Kupfer stört Geruchssinn von Fischen

Fische haben einen feinen Geruchssinn.

So können sie zum Beispiel ihre Artgenossen warnen, wenn ein Feind in der Nähe ist. Dafür geben sie über die Haut einen Stoff ab, den die anderen wahrnehmen. Kanadische Biologen haben jetzt eine Substanz ausgemacht, die den Geruchssinn der Fische völlig durcheinander bringt: Kupfer. In Tests mit Elritzen hätte Kupfer im Wasser die Sinneszellen der Riechschleimhaut der Tiere gestört. Obwohl der Warnstoff ihrer Artgenossen im Wasser war, ergriffen sie nicht die Flucht.

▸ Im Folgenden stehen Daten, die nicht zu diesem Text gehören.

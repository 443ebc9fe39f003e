-- ===== src/Retry/Examples.antt =====
-- An operation that fails until its third call.
use vendorops_ai.Base.{ℕ, suc, String, Bool, true, [], ◌∷◌, arith, ltb, if◌then◌else◌, ◌≡◌, refl}
use vendorops_ai.Retry.{Outcome, returned, raised, value, retry_async}
use vendorops_ai.Retry.Attempts.{Meant, retry_async-Meant}

abbrev flaky : ℕ → Outcome String String × ℕ
flaky n = if ltb n 2 then (raised "busy", suc n) else (returned "done", suc n)

abbrev always : String → Bool
always e = true

flaky_runs : retry_async flaky always 5 100 0 ≡ (
  value "done",
  record { attempt = 1; exc = "busy"; delay = 100 }
      ∷ record { attempt = 2; exc = "busy"; delay = 200 }
      ∷ [],
  3,
)
unfolding retry_async
flaky_runs = refl

retry_async-Meant_example : Meant flaky always 5 100 1 5 0 (retry_async flaky always 5 100 0)
retry_async-Meant_example = retry_async-Meant flaky always 5 100 0 (omega arith)
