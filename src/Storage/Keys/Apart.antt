-- ===== src/Storage/Keys/Apart.antt =====
-- The keys of app/storage/keying.py tell workspaces apart.
use Prim.Native.Char.{Char, code}
use text.Mathlib.TextLemmas.{nil-append, cons-append, append_assoc}
use vendorops_ai.Base.{
  ℕ, zero, suc, ◌≤◌, String, ◌≢◌, ◌≡◌, refl, sym, ap, subst, ◌∙◌, Bool, true, false, ◌&&◌, ◌||◌,
  Option, none, some, inl, inr, ◌==◌, arith, str_eq, str_append, strip, strip_left, strip_right,
  is_space, Bool-cases, if◌then◌else◌,
}
use vendorops_ai.Retry.{Outcome, returned, raised}
use vendorops_ai.Storage.Keys.{
  is_safe, sub_unsafe, checked_segment, safe_segment, key_of, path_name, with_suffix, with_artifact,
  with_workspace, artifact_key,
}

-- Whether a text has only the characters that a key keeps, as a UUID has.
unfoldable pub all_safe : String → Bool
all_safe String.[] = true
all_safe (String.◌∷◌ c s) = is_safe c && all_safe s

until_slash : String → String
until_slash String.[] = ""
until_slash (String.◌∷◌ c s) =
    let rest = until_slash s in if code c == b'/' then "" else String.◌∷◌ c rest

drop : ℕ → String → String
drop zero s = s
drop (suc n) String.[] = ""
drop (suc n) (String.◌∷◌ c s) = drop n s

-- What stands between "workspaces/" and the next "/".
workspace_of : String → String
unfolding until_slash drop
workspace_of key = until_slash (drop 11 key)

both : (a b : Bool) → a && b ≡ true → (a ≡ true) × (b ≡ true)
both a b h = ground arith

is_safe-bounds : (c : Char) → is_safe c ≡ true → (45 ≤ code c) × (code c ≤ 122)
unfolding is_safe
is_safe-bounds c h = (ground arith, ground arith)

safe_not_slash : (c : Char) → is_safe c ≡ true → code c == b'/' ≡ false
unfolding is_safe
safe_not_slash c h = ground arith

not_space : (n : ℕ) → 45 ≤ n → n ≤ 122 → is_space n ≡ false
unfolding is_space
not_space n h k = ground arith

safe_not_space : (c : Char) → is_safe c ≡ true → is_space (code c) ≡ false
safe_not_space c h = let (l, u) = is_safe-bounds c h in not_space (code c) l u

at_slash : (rest : String) → until_slash (str_append "/" rest) ≡ ""
unfolding until_slash
at_slash rest = rw (cons-append "/" "" rest) refl

until_slash-append :
    (s rest : String) → all_safe s ≡ true → until_slash (str_append s (str_append "/" rest)) ≡ s
unfolding all_safe until_slash
until_slash-append String.[] rest h = rw (nil-append (str_append "/" rest)) (at_slash rest)
until_slash-append (String.◌∷◌ c s) rest h =
    let (safe, all) = both (is_safe c) (all_safe s) h in
    rw (cons-append c s (str_append "/" rest), safe_not_slash c safe, until_slash-append s rest all)
      refl

size : String → ℕ
size String.[] = 0
size (String.◌∷◌ c s) = suc (size s)

drop-append : (p s : String) → drop (size p) (str_append p s) ≡ s
unfolding drop size
drop-append String.[] s = rw (nil-append s) refl
drop-append (String.◌∷◌ c p) s = rw (cons-append c p s) (drop-append p s)

-- A text of safe characters is its own segment, and the segment has safe characters only.
abbrev IsSegment : String → Outcome String String → Type 0
IsSegment v (returned x) = (all_safe x ≡ true) × (all_safe v ≡ true → x ≡ v)
IsSegment v (raised e) = true ≡ true

sub-keeps :
    (b : Bool) (c : Char) (s : String)
    → is_safe c ≡ true
    → sub_unsafe b (String.◌∷◌ c s) ≡ String.◌∷◌ c (sub_unsafe false s)
unfolding sub_unsafe is_safe
sub-keeps b c s e = rw (e, sub_unsafe) refl

sub-replaces :
    (b : Bool) (c : Char) (s : String)
    → is_safe c ≡ false
    → sub_unsafe b (String.◌∷◌ c s)
      ≡ (if b then sub_unsafe true s else String.◌∷◌ "_" (sub_unsafe true s))
unfolding sub_unsafe is_safe
sub-replaces true c s e = rw (e, sub_unsafe) refl
sub-replaces false c s e =
    rw (e, sub_unsafe)
      (cons-append "_" "" (sub_unsafe true s)
        ∙ ap (String.◌∷◌ "_") (nil-append (sub_unsafe true s)))

sub_unsafe-safe : (inside : Bool) (s : String) → all_safe (sub_unsafe inside s) ≡ true
unfolding all_safe sub_unsafe
sub_unsafe-safe inside String.[] = refl
sub_unsafe-safe inside (String.◌∷◌ c s) = elim (Bool-cases (is_safe c)) [
  | inl e ↦ rw (sub-keeps inside c s e, e) (sub_unsafe-safe false s)
  | inr e ↦ elim (Bool-cases inside) [
    | inl b ↦ rw (sub-replaces inside c s e, b) (sub_unsafe-safe true s)
    | inr b ↦ rw (sub-replaces inside c s e, b) (sub_unsafe-safe true s)
  ]
]

sub_unsafe-same : (s : String) → all_safe s ≡ true → sub_unsafe false s ≡ s
unfolding all_safe sub_unsafe
sub_unsafe-same String.[] h = refl
sub_unsafe-same (String.◌∷◌ c s) h =
    let (safe, all) = both (is_safe c) (all_safe s) h in
    sub-keeps false c s safe ∙ ap (String.◌∷◌ c) (sub_unsafe-same s all)

strip_left-same : (s : String) → all_safe s ≡ true → strip_left s ≡ s
unfolding all_safe strip_left
strip_left-same String.[] h = refl
strip_left-same (String.◌∷◌ c s) h = rw (safe_not_space c (both (is_safe c) (all_safe s) h).0) refl

strip_right-same : (s : String) → all_safe s ≡ true → strip_right s ≡ s
unfolding all_safe strip_right
strip_right-same String.[] h = refl
strip_right-same (String.◌∷◌ c s) h =
    let (safe, all) = both (is_safe c) (all_safe s) h in
    rw (safe_not_space c safe, strip_right-same s all) refl

strip-same : (s : String) → all_safe s ≡ true → strip s ≡ s
unfolding strip
strip-same s h = rw (strip_left-same s h) (strip_right-same s h)

safe_segment-IsSegment : (v field_name : String) → IsSegment v (safe_segment v field_name)
unfolding safe_segment checked_segment
safe_segment-IsSegment v field_name =
    elim (Bool-cases (str_eq x "" || str_eq x "." || str_eq x "..")) [
      | inl e ↦ rw e refl
      | inr e ↦ rw e (sub_unsafe-safe false (strip v), same)
    ]
  where
    x : String
    x = sub_unsafe false (strip v)

    same : all_safe v ≡ true → x ≡ v
    same h = rw (strip-same v h) (sub_unsafe-same v h)

-- A key names its workspace, if the workspace's id has only safe characters.
abbrev Names : String → Outcome String String → Type 0
Names v (returned key) = all_safe v ≡ true → workspace_of key ≡ v
Names v (raised e) = true ≡ true

key_of-Names :
    (v workspace artifact suffix : String)
    → all_safe workspace ≡ true
    → (all_safe v ≡ true → workspace ≡ v)
    → Names v (returned (key_of workspace artifact suffix))
unfolding key_of workspace_of size
key_of-Names v workspace artifact suffix safe same h =
    let rest = str_append artifact suffix in
    ap until_slash
      (drop-append "workspaces/" (str_append workspace (str_append "/artifacts/" rest)))
    ∙ ap (λ x. until_slash (str_append workspace x)) (append_assoc "/" "artifacts/" rest)
    ∙ until_slash-append workspace (str_append "artifacts/" rest) safe
    ∙ same h

with_suffix-Names :
    (v workspace artifact : String) (filename : Option String)
    → all_safe workspace ≡ true
    → (all_safe v ≡ true → workspace ≡ v)
    → Names v (with_suffix workspace artifact filename)
unfolding with_suffix
with_suffix-Names v workspace artifact none safe same =
    key_of-Names v workspace artifact "" safe same
with_suffix-Names v workspace artifact (some filename) safe same =
    elim (Bool-cases (str_eq filename "")) [
      | inl e ↦ rw e (key_of-Names v workspace artifact "" safe same)
      | inr e ↦ rw e (by_name (safe_segment (path_name filename) "filename"))
    ]
  where
    by_name :
        (o : Outcome String String)
        → Names v (elim o [
          | raised e ↦ raised e
          | returned name ↦ returned (key_of workspace artifact (str_append "/" name))
        ])
    by_name (raised e) = refl
    by_name (returned name) = key_of-Names v workspace artifact (str_append "/" name) safe same

artifact_key-Names :
    (v artifact_id : String) (filename : Option String)
    → Names v (artifact_key v artifact_id filename)
unfolding artifact_key with_workspace with_artifact
artifact_key-Names v artifact_id filename =
    by_workspace (safe_segment v "workspace_id") (safe_segment-IsSegment v "workspace_id")
  where
    by_artifact :
        (x : String) (o : Outcome String String)
        → all_safe x ≡ true
        → (all_safe v ≡ true → x ≡ v)
        → Names v (with_artifact x o filename)
    by_artifact x (raised e) safe same = refl
    by_artifact x (returned artifact) safe same = with_suffix-Names v x artifact filename safe same

    by_workspace :
        (o : Outcome String String)
        → IsSegment v o
        → Names v (with_workspace o artifact_id filename)
    by_workspace (raised e) h = refl
    by_workspace (returned x) (safe, same) =
        by_artifact x (safe_segment artifact_id "artifact_id") safe same

-- Two different workspaces whose ids have only characters that a key keeps, as UUIDs have, share no
-- key, whatever their artifacts and filenames are.
pub keys_apart :
    (v v' artifact_id artifact_id' : String) (filename filename' : Option String) (key : String)
    → all_safe v ≡ true
    → all_safe v' ≡ true
    → v ≢ v'
    → artifact_key v artifact_id filename ≡ returned key
    → artifact_key v' artifact_id' filename' ≢ returned key
keys_apart v v' artifact_id artifact_id' filename filename' key safe safe' differ q q' = differ (
    sym (subst (Names v) q (artifact_key-Names v artifact_id filename) safe)
    ∙ subst (Names v') q' (artifact_key-Names v' artifact_id' filename') safe')
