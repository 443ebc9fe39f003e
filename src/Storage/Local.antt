-- ===== src/Storage/Local.antt =====
-- LocalObjectStorage of app/storage/backends.py over the file system, which is a parameter.
pub mod RoundTrip
use vendorops_ai.Base.{
  ℕ, String, ◌≡◌, refl, Bool, true, false, not, ◌&&◌, ◌||◌, List, length, str_append, if◌then◌else◌,
}
use vendorops_ai.Retry.{Outcome, returned, raised}
use vendorops_ai.Storage.{
  Bytes, StoredObject, StorageFailure, storage_error, os_error, ObjectStorageBackend,
}

-- What the store calls of pathlib, over the state of the disk. `write_bytes` stands for the creation of
-- the parent directories and the write.
pub record FileSystem (W : Type 0) : Type 1 where
  pub PosixPath : Type 0
  pub path_of : String → PosixPath
  pub text_of : PosixPath → String
  pub join : PosixPath → String → PosixPath
  pub resolve : PosixPath → W → PosixPath
  pub is_relative_to : PosixPath → PosixPath → Bool
  pub exists : PosixPath → W → Bool
  pub is_file : PosixPath → W → Bool
  pub write_bytes : PosixPath → Bytes → W → Outcome ℕ String × W
  pub read_bytes : PosixPath → W → Outcome Bytes String
  pub unlink : PosixPath → W → Outcome Bool String × W

module _ {W : Type 0} (fs : FileSystem W) (root_dir : String) where
  open fs use {PosixPath}

  -- The resolved path, if it is under the resolved root.
  unfoldable pub confined : PosixPath → PosixPath → String → Outcome PosixPath StorageFailure
  confined candidate root what =
      if not (fs.is_relative_to candidate root)
      then raised (storage_error (str_append what " resolves outside the configured storage root."))
      else returned candidate

  -- _path_for_key
  unfoldable pub path_for_key : String → W → Outcome PosixPath StorageFailure
  unfolding confined
  path_for_key key w =
      confined (fs.resolve (fs.join (fs.path_of root_dir) key) w)
        (fs.resolve (fs.path_of root_dir) w) "Storage key"

  -- _path_from_uri
  unfoldable pub path_from_uri : String → W → Outcome PosixPath StorageFailure
  unfolding confined
  path_from_uri uri w =
      confined (fs.resolve (fs.path_of uri) w) (fs.resolve (fs.path_of root_dir) w) "Storage URI"

  of_write :
      String
      → Bytes
      → String
      → PosixPath
      → Outcome ℕ String × W
      → Outcome StoredObject StorageFailure × W
  of_write key content content_type path (raised e, w) = (raised (os_error e), w)
  of_write key content content_type path (returned n, w) = (
    returned (record {
      key = key;
      uri = fs.text_of path;
      size_bytes = length content;
      content_type = content_type;
    }),
    w,
  )

  put_at :
      String
      → Bytes
      → String
      → Outcome PosixPath StorageFailure
      → W
      → Outcome StoredObject StorageFailure × W
  unfolding of_write
  put_at key content content_type (raised e) w = (raised e, w)
  put_at key content content_type (returned path) w =
      of_write key content content_type path (fs.write_bytes path content w)

  unfoldable pub put_bytes : String → Bytes → String → W → Outcome StoredObject StorageFailure × W
  unfolding put_at path_for_key
  put_bytes key content content_type w = put_at key content content_type (path_for_key key w) w

  of_read : Outcome Bytes String → Outcome Bytes StorageFailure
  of_read (returned content) = returned content
  of_read (raised e) = raised (os_error e)

  read_at : String → Outcome PosixPath StorageFailure → W → Outcome Bytes StorageFailure
  unfolding of_read
  read_at uri (raised e) w = raised e
  read_at uri (returned path) w =
      if not (fs.exists path w) || not (fs.is_file path w)
      then raised (storage_error (str_append "Stored object '" (str_append uri "' was not found.")))
      else of_read (fs.read_bytes path w)

  unfoldable pub read_bytes : String → W → Outcome Bytes StorageFailure
  unfolding read_at path_from_uri
  read_bytes uri w = read_at uri (path_from_uri uri w) w

  exists_at : Outcome PosixPath StorageFailure → W → Outcome Bool StorageFailure
  exists_at (raised e) w = raised e
  exists_at (returned path) w = returned (fs.exists path w && fs.is_file path w)

  unfoldable pub exists : String → W → Outcome Bool StorageFailure
  unfolding exists_at path_from_uri
  exists uri w = exists_at (path_from_uri uri w) w

  of_unlink : Outcome Bool String × W → Outcome Bool StorageFailure × W
  of_unlink (returned b, w) = (returned b, w)
  of_unlink (raised e, w) = (raised (os_error e), w)

  delete_at : String → Outcome PosixPath StorageFailure → W → Outcome Bool StorageFailure × W
  unfolding of_unlink
  delete_at uri (raised e) w = (raised e, w)
  delete_at uri (returned path) w =
      if not (fs.exists path w)
      then (returned false, w)
      else if not (fs.is_file path w)
      then (
        raised (storage_error (str_append "Stored object '" (str_append uri "' is not a file."))),
        w,
      )
      else of_unlink (fs.unlink path w)

  -- The Boolean says whether a file was unlinked; Python returns None.
  unfoldable pub delete : String → W → Outcome Bool StorageFailure × W
  unfolding delete_at path_from_uri
  delete uri w = delete_at uri (path_from_uri uri w) w

-- What the store relies on: a file that was written is there with its content; a write moves no path;
-- a path that was resolved is found again by its text; a file that was unlinked is gone.
pub record IsDisk {W : Type 0} (fs : FileSystem W) : Type 0 where
  pub written :
      (p : fs.PosixPath) (content : Bytes) (w w' : W) (n : ℕ)
      → fs.write_bytes p content w ≡ (returned n, w')
      → (fs.exists p w' ≡ true) × (fs.is_file p w' ≡ true) × (fs.read_bytes p w' ≡ returned content)
  pub write_moves_nothing :
      (p q : fs.PosixPath) (content : Bytes) (w w' : W) (n : ℕ)
      → fs.write_bytes p content w ≡ (returned n, w')
      → fs.resolve q w' ≡ fs.resolve q w
  pub resolved_again :
      (q : fs.PosixPath) (w : W)
      → fs.resolve (fs.path_of (fs.text_of (fs.resolve q w))) w ≡ fs.resolve q w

Kupfer kann durch die Industrie und die Landwirtschaft ins Wasser gelangen. Auch Schiffe werden manchmal mit Kupferverbindungen lackiert.

Ihre Ergebnisse stellen die Forscher heute auf einer Biologenkonferenz in Valencia vor.

Quelle: DRadio Wissen Lizenz: Creative Commons Licence: Namensnennung, keine kommerzielle Nutzung, keine Bearbeitung (BY-NC-CD)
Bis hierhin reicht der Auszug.